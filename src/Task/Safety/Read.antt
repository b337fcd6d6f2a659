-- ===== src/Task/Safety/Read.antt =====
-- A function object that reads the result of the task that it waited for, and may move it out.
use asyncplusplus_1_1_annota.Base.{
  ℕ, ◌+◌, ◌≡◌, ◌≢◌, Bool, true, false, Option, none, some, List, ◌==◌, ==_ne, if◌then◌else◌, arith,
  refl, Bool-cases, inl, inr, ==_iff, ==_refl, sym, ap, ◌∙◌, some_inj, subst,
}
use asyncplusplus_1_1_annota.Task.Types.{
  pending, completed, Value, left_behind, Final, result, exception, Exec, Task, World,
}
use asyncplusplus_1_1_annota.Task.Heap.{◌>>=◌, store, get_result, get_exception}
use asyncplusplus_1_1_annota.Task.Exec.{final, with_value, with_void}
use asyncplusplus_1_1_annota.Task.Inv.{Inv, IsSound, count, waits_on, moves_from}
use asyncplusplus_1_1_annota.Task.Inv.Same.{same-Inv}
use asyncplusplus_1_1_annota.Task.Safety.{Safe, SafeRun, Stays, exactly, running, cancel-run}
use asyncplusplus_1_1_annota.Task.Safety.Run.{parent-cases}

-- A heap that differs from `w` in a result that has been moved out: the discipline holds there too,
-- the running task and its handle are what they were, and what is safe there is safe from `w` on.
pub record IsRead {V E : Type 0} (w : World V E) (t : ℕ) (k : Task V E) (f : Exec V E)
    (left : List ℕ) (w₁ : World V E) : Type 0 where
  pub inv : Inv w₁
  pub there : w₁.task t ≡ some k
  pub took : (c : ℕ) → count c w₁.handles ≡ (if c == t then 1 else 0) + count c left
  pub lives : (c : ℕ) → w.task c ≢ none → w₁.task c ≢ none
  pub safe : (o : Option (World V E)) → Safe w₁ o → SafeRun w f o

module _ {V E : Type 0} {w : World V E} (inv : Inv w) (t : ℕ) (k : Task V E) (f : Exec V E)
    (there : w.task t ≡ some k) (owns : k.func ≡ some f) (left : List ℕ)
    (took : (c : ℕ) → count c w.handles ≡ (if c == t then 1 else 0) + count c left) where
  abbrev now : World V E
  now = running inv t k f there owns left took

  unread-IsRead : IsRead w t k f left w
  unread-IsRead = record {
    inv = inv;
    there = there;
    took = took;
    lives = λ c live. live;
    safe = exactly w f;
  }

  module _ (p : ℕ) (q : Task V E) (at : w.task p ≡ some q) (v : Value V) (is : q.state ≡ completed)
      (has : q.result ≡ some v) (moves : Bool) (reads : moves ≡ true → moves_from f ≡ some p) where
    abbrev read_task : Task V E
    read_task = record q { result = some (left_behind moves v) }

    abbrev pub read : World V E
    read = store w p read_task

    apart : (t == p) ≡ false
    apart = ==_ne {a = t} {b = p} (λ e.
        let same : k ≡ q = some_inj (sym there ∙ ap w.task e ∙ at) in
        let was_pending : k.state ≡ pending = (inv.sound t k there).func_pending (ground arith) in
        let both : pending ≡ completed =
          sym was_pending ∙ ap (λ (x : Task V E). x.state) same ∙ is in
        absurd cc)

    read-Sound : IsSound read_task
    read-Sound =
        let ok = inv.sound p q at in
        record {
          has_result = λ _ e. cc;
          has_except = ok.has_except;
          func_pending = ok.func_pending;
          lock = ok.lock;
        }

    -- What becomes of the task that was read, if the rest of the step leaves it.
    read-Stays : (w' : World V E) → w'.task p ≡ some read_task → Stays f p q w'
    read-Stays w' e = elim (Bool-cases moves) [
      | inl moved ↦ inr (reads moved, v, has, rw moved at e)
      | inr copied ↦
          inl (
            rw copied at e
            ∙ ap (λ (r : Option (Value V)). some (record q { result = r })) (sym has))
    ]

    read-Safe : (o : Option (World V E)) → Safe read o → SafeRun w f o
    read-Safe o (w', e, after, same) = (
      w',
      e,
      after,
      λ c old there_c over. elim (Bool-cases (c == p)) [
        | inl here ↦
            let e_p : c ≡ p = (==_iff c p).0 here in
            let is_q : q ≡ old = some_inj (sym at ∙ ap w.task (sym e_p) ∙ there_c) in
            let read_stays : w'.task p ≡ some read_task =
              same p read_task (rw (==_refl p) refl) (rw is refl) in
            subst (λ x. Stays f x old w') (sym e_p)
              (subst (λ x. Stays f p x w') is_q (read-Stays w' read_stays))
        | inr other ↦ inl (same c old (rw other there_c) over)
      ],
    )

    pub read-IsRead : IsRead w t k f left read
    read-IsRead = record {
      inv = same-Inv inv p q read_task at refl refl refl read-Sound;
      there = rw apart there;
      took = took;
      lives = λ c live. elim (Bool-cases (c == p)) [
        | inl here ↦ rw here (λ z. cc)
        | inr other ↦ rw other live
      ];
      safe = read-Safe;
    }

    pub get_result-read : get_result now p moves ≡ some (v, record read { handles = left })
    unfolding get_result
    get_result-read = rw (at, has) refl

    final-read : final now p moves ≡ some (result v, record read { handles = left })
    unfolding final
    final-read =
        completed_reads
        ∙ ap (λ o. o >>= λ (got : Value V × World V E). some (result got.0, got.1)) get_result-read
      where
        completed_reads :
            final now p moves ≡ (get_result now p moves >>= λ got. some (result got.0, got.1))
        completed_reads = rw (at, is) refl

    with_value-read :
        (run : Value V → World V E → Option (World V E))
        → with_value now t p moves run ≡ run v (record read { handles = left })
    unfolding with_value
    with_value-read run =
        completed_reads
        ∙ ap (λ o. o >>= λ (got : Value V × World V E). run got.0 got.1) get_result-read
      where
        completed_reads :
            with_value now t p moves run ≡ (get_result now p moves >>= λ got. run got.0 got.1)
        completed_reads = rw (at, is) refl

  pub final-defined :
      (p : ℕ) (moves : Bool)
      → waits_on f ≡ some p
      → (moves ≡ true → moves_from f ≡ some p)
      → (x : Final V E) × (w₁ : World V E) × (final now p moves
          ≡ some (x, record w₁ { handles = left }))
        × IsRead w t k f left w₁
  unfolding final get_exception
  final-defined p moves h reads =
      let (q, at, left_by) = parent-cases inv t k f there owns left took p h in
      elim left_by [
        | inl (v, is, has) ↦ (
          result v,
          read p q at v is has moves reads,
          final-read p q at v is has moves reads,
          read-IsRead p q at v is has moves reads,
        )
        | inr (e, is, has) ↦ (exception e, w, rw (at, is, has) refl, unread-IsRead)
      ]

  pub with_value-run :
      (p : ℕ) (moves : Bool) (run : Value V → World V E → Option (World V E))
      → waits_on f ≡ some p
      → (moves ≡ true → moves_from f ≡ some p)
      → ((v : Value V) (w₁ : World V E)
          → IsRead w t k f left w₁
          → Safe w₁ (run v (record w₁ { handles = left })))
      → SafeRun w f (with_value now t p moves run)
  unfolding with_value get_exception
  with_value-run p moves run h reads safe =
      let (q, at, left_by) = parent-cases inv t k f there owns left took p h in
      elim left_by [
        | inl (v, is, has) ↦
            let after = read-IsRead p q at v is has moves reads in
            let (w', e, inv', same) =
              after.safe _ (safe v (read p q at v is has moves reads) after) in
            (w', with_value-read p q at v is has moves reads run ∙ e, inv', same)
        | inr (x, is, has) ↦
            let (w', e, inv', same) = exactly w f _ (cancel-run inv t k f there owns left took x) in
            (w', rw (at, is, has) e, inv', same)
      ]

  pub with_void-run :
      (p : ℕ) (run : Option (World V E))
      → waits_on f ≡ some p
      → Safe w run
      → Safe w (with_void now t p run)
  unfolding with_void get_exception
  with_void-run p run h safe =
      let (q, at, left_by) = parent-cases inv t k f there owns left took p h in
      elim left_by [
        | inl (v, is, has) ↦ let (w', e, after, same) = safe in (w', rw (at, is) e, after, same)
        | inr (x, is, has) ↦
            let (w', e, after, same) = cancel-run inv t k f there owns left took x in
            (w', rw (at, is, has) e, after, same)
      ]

·····

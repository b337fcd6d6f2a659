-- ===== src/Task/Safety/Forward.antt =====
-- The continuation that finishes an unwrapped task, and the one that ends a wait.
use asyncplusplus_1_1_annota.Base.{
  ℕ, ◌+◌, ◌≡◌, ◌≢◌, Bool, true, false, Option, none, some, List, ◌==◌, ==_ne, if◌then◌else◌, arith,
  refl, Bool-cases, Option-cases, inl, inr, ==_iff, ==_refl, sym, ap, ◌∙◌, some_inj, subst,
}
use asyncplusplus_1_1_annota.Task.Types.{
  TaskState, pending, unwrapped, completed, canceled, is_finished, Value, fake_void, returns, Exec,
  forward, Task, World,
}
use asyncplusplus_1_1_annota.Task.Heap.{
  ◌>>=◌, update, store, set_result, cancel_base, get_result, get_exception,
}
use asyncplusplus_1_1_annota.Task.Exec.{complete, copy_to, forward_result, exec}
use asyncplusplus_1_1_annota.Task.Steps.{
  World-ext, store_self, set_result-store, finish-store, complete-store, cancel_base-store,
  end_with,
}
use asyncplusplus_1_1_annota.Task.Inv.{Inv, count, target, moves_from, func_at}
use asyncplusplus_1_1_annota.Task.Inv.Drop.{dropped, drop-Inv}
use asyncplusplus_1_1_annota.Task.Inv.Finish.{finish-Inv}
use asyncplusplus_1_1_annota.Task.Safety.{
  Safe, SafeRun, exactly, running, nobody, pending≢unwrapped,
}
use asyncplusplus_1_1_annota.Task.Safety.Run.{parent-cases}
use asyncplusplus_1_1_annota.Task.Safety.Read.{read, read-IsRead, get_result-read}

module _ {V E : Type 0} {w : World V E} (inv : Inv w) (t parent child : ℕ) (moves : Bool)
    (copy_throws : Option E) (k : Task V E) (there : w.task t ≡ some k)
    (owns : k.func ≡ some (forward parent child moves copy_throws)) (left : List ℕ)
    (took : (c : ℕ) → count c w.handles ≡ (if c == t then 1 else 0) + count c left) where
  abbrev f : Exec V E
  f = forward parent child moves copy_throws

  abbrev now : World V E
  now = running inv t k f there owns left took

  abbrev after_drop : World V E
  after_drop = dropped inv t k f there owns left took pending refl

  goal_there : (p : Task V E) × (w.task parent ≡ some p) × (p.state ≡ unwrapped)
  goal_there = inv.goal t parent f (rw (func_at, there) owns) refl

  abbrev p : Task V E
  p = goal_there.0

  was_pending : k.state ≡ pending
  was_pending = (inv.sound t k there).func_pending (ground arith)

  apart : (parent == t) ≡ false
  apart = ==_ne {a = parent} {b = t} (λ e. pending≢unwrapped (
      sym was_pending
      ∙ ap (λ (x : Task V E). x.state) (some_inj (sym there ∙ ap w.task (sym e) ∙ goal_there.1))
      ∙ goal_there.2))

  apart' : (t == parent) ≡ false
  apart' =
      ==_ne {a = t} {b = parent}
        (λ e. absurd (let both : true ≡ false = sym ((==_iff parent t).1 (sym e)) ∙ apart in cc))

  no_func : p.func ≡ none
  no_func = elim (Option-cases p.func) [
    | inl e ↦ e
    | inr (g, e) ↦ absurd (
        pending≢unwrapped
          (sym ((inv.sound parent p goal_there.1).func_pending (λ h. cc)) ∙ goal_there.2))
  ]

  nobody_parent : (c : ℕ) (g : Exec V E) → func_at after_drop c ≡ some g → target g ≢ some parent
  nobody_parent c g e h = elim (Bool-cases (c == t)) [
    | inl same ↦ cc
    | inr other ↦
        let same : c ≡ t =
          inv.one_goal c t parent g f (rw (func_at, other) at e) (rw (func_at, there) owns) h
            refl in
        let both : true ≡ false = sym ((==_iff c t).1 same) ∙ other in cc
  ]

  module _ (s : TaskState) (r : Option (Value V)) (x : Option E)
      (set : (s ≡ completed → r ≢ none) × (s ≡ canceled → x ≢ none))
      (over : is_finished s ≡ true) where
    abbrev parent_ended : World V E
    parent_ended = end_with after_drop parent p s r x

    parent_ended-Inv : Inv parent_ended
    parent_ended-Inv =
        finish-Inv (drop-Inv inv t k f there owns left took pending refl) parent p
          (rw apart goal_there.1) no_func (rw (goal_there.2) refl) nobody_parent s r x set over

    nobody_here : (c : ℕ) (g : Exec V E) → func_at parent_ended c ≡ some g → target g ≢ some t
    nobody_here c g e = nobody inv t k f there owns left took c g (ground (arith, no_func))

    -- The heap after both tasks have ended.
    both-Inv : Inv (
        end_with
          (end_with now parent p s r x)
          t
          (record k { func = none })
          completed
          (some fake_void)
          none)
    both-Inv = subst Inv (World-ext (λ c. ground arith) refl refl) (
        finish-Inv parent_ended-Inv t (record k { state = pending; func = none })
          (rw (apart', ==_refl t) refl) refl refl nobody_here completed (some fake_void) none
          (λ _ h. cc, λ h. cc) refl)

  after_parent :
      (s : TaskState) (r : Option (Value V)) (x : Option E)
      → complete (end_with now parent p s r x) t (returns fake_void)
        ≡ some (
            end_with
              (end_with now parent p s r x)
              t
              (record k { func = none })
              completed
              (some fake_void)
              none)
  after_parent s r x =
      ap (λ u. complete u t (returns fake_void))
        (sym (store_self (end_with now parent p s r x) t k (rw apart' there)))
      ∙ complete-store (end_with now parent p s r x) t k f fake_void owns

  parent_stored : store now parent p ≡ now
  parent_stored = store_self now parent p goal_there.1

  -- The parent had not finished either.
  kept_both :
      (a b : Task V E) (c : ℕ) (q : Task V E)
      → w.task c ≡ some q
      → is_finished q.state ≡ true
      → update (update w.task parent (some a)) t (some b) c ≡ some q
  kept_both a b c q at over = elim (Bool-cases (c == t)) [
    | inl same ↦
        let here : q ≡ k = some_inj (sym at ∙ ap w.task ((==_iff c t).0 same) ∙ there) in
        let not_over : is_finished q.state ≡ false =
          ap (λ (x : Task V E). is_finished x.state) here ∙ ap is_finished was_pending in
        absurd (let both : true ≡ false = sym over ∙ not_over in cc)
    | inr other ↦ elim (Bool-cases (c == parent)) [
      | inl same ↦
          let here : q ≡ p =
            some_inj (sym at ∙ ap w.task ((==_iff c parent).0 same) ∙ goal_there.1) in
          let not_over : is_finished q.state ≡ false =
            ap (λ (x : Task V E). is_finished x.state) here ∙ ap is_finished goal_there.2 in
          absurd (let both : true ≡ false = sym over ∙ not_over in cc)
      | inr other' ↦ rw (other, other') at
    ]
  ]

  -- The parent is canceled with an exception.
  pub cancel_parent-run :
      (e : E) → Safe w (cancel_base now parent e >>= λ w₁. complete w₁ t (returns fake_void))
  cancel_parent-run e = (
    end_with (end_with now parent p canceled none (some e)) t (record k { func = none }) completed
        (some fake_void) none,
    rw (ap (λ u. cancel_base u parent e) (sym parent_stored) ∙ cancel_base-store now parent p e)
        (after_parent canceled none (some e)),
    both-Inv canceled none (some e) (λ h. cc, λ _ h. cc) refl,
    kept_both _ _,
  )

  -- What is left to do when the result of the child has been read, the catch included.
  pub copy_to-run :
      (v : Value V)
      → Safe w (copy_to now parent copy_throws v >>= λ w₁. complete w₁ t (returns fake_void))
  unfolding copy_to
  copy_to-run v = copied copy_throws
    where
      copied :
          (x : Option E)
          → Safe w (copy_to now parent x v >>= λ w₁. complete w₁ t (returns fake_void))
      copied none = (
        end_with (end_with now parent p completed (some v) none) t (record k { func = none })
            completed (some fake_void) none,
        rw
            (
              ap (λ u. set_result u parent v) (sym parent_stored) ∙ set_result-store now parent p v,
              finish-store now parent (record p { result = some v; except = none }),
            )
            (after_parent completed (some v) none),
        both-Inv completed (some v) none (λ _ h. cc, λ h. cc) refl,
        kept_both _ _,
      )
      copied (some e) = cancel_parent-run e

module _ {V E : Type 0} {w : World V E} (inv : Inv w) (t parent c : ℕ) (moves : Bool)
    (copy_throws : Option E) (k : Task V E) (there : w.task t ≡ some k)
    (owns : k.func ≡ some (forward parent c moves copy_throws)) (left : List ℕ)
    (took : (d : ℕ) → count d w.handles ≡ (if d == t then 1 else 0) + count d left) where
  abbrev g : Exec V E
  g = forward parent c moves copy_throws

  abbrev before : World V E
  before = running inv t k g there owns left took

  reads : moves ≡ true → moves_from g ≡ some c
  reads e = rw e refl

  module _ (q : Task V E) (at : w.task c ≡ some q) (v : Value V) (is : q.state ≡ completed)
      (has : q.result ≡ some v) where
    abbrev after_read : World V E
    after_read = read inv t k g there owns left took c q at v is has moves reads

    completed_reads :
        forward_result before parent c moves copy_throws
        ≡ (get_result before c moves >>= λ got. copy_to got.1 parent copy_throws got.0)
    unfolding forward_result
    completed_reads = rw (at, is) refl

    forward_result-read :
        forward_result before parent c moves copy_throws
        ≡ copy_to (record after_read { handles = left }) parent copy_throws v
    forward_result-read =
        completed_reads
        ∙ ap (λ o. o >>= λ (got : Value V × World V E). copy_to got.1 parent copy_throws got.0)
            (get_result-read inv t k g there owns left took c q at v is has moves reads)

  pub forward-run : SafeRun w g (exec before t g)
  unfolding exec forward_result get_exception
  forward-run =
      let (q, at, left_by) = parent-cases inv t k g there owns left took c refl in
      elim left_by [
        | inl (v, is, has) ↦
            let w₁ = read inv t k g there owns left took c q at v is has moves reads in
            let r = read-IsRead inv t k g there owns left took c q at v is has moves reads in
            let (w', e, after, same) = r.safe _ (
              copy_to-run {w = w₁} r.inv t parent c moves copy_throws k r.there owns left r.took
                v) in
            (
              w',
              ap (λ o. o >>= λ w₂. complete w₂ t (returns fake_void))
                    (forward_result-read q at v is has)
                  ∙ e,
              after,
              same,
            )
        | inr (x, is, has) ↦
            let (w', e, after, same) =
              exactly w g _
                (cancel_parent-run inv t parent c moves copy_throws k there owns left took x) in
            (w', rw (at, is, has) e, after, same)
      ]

·····

Where a line in the records above includes the string "other", show it.

» **RESULT FOR THIS EXERCISE**:
        | inr other ↦ inl (same c old (rw other there_c) over)
        | inr other ↦ rw other live
    | inr other ↦
          inv.one_goal c t parent g f (rw (func_at, other) at e) (rw (func_at, there) owns) h
        let both : true ≡ false = sym ((==_iff c t).1 same) ∙ other in cc
    | inr other ↦ elim (Bool-cases (c == parent)) [
      | inr other' ↦ rw (other, other') at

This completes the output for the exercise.